Exercise instructions: The answer must be the full listing, reproduced without any change.

Dataset entries:
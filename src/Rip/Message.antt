-- ===== src/Rip/Message.antt =====
-- An entry as it is written into a message and read from it.
use linuxax.Prelude.{
  ℕ, zero, suc, ◌+◌, ◌*◌, ◌/◌, ◌%◌, ◌^◌, ◌<◌, ◌≡◌, ◌∙◌, refl, ap, sym, append_assoc, Bool-cases,
  inl, inr, if◌then◌else◌, List, [], ◌∷◌, ◌++◌, some, length, get_elem?, arith,
}
use linuxax.Ipd.Frame.{◌>>=◌}
use linuxax.Rip.{Route, is_deleted, build_header, put_entry, get_entry}

-- The fields of a route fit the bytes of an entry.
pub record FitsEntry (r : Route) : Type 0 where
  pub addr : r.addr < 2 ^ 32
  pub bits : r.bits < 256
  pub metric : r.metric < 256

pub get_elem?-append {ℓ} :
    {A : Type ℓ} (xs ys : List A) (i k : ℕ)
    → i ≡ length xs + k
    → get_elem? (xs ++ ys) i ≡ get_elem? ys k
get_elem?-append [] ys i k e = ap (get_elem? ys) (omega arith)
get_elem?-append (x ∷ xs) ys zero k e = absurd (omega arith)
get_elem?-append (x ∷ xs) ys (suc i) k e = get_elem?-append xs ys i k (omega arith)

get_entry_reads :
    (message : List ℕ) (p a b c d e f : ℕ)
    → get_elem? message p ≡ some a
    → get_elem? message (p + 1) ≡ some b
    → get_elem? message (p + 2) ≡ some c
    → get_elem? message (p + 3) ≡ some d
    → get_elem? message (p + 4) ≡ some e
    → get_elem? message (p + 5) ≡ some f
    → get_entry message p ≡ some (a * 2 ^ 24 + b * 2 ^ 16 + c * 2 ^ 8 + d, e, f)
unfolding get_entry
get_entry_reads message p a b c d e f ha hb hc hd he hf = rw (ha, hb, hc, hd, he, hf, ◌>>=◌)

bytes_joined :
    (a : ℕ)
    → a < 2 ^ 32
    → a / 2 ^ 24 % 256 * 2 ^ 24 + a / 2 ^ 16 % 256 * 2 ^ 16 + a / 2 ^ 8 % 256 * 2 ^ 8 + a % 256 ≡ a
bytes_joined a h = omega arith

pub get_entry-put_entry :
    (before : List ℕ) (r : Route) (after : List ℕ) (p : ℕ)
    → FitsEntry r
    → p ≡ length before
    → get_entry (before ++ (put_entry r ++ after)) p ≡ some (r.addr, r.bits, r.metric)
unfolding put_entry
get_entry-put_entry before r after p fits at_p =
    let whole = put_entry r ++ after in
    let read = get_elem?-append before whole in
    let bits : r.bits % 256 ≡ r.bits = omega (arith, fits.bits) in
    let metric : r.metric % 256 ≡ r.metric = omega (arith, fits.metric) in
    get_entry_reads (before ++ whole) p _ _ _ _ _ _ (read p 0 (omega arith))
      (read (p + 1) 1 (omega arith)) (read (p + 2) 2 (omega arith)) (read (p + 3) 3 (omega arith))
      (read (p + 4) 4 (omega arith)) (read (p + 5) 5 (omega arith))
    ∙ rw (bytes_joined r.addr fits.addr, bits, metric)

-- The messages as a description of the format, apart from the loops: a header and the entries.
unfoldable pub payload : List Route → List ℕ
payload [] = []
payload (r ∷ rs) = put_entry r ++ payload rs

abbrev pub message_of : List Route → List ℕ
message_of rs = build_header ++ payload rs

-- The routes that are told to others.
unfoldable pub live : List Route → List Route
live [] = []
live (r ∷ rs) = if is_deleted r.action then live rs else r ∷ live rs

pub payload-append : (xs ys : List Route) → payload (xs ++ ys) ≡ payload xs ++ payload ys
unfolding payload
payload-append [] ys = refl
payload-append (x ∷ xs) ys =
    ap (λ t. put_entry x ++ t) (payload-append xs ys)
    ∙ sym (append_assoc (put_entry x) (payload xs) (payload ys))

pub length-payload : (rs : List Route) → length (payload rs) ≡ 6 * length rs
unfolding payload put_entry
length-payload [] = refl
length-payload (r ∷ rs) = omega (arith, length-payload rs)

pub length-message_of : (rs : List Route) → length (message_of rs) ≡ 4 + 6 * length rs
unfolding build_header
length-message_of rs = omega (arith, length-payload rs)

pub live-append : (xs ys : List Route) → live (xs ++ ys) ≡ live xs ++ live ys
unfolding live
live-append [] ys = refl
live-append (x ∷ xs) ys = elim (Bool-cases (is_deleted x.action)) [
  | inl gone ↦ rw gone (live-append xs ys)
  | inr kept ↦ rw kept (ap (λ t. x ∷ t) (live-append xs ys))
]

The completed task:
filename src/Rip/Message.antt
-- ===== src/Rip/Message.antt =====
-- An entry as it is written into a message and read from it.
use linuxax.Prelude.{
  ℕ, zero, suc, ◌+◌, ◌*◌, ◌/◌, ◌%◌, ◌^◌, ◌<◌, ◌≡◌, ◌∙◌, refl, ap, sym, append_assoc, Bool-cases,
  inl, inr, if◌then◌else◌, List, [], ◌∷◌, ◌++◌, some, length, get_elem?, arith,
}
use linuxax.Ipd.Frame.{◌>>=◌}
use linuxax.Rip.{Route, is_deleted, build_header, put_entry, get_entry}

-- The fields of a route fit the bytes of an entry.
pub record FitsEntry (r : Route) : Type 0 where
  pub addr : r.addr < 2 ^ 32
  pub bits : r.bits < 256
  pub metric : r.metric < 256

pub get_elem?-append {ℓ} :
    {A : Type ℓ} (xs ys : List A) (i k : ℕ)
    → i ≡ length xs + k
    → get_elem? (xs ++ ys) i ≡ get_elem? ys k
get_elem?-append [] ys i k e = ap (get_elem? ys) (omega arith)
get_elem?-append (x ∷ xs) ys zero k e = absurd (omega arith)
get_elem?-append (x ∷ xs) ys (suc i) k e = get_elem?-append xs ys i k (omega arith)

get_entry_reads :
    (message : List ℕ) (p a b c d e f : ℕ)
    → get_elem? message p ≡ some a
    → get_elem? message (p + 1) ≡ some b
    → get_elem? message (p + 2) ≡ some c
    → get_elem? message (p + 3) ≡ some d
    → get_elem? message (p + 4) ≡ some e
    → get_elem? message (p + 5) ≡ some f
    → get_entry message p ≡ some (a * 2 ^ 24 + b * 2 ^ 16 + c * 2 ^ 8 + d, e, f)
unfolding get_entry
get_entry_reads message p a b c d e f ha hb hc hd he hf = rw (ha, hb, hc, hd, he, hf, ◌>>=◌)

bytes_joined :
    (a : ℕ)
    → a < 2 ^ 32
    → a / 2 ^ 24 % 256 * 2 ^ 24 + a / 2 ^ 16 % 256 * 2 ^ 16 + a / 2 ^ 8 % 256 * 2 ^ 8 + a % 256 ≡ a
bytes_joined a h = omega arith

pub get_entry-put_entry :
    (before : List ℕ) (r : Route) (after : List ℕ) (p : ℕ)
    → FitsEntry r
    → p ≡ length before
    → get_entry (before ++ (put_entry r ++ after)) p ≡ some (r.addr, r.bits, r.metric)
unfolding put_entry
get_entry-put_entry before r after p fits at_p =
    let whole = put_entry r ++ after in
    let read = get_elem?-append before whole in
    let bits : r.bits % 256 ≡ r.bits = omega (arith, fits.bits) in
    let metric : r.metric % 256 ≡ r.metric = omega (arith, fits.metric) in
    get_entry_reads (before ++ whole) p _ _ _ _ _ _ (read p 0 (omega arith))
      (read (p + 1) 1 (omega arith)) (read (p + 2) 2 (omega arith)) (read (p + 3) 3 (omega arith))
      (read (p + 4) 4 (omega arith)) (read (p + 5) 5 (omega arith))
    ∙ rw (bytes_joined r.addr fits.addr, bits, metric)

-- The messages as a description of the format, apart from the loops: a header and the entries.
unfoldable pub payload : List Route → List ℕ
payload [] = []
payload (r ∷ rs) = put_entry r ++ payload rs

abbrev pub message_of : List Route → List ℕ
message_of rs = build_header ++ payload rs

-- The routes that are told to others.
unfoldable pub live : List Route → List Route
live [] = []
live (r ∷ rs) = if is_deleted r.action then live rs else r ∷ live rs

pub payload-append : (xs ys : List Route) → payload (xs ++ ys) ≡ payload xs ++ payload ys
unfolding payload
payload-append [] ys = refl
payload-append (x ∷ xs) ys =
    ap (λ t. put_entry x ++ t) (payload-append xs ys)
    ∙ sym (append_assoc (put_entry x) (payload xs) (payload ys))

pub length-payload : (rs : List Route) → length (payload rs) ≡ 6 * length rs
unfolding payload put_entry
length-payload [] = refl
length-payload (r ∷ rs) = omega (arith, length-payload rs)

pub length-message_of : (rs : List Route) → length (message_of rs) ≡ 4 + 6 * length rs
unfolding build_header
length-message_of rs = omega (arith, length-payload rs)

pub live-append : (xs ys : List Route) → live (xs ++ ys) ≡ live xs ++ live ys
unfolding live
live-append [] ys = refl
live-append (x ∷ xs) ys = elim (Bool-cases (is_deleted x.action)) [
  | inl gone ↦ rw gone (live-append xs ys)
  | inr kept ↦ rw kept (ap (λ t. x ∷ t) (live-append xs ys))
]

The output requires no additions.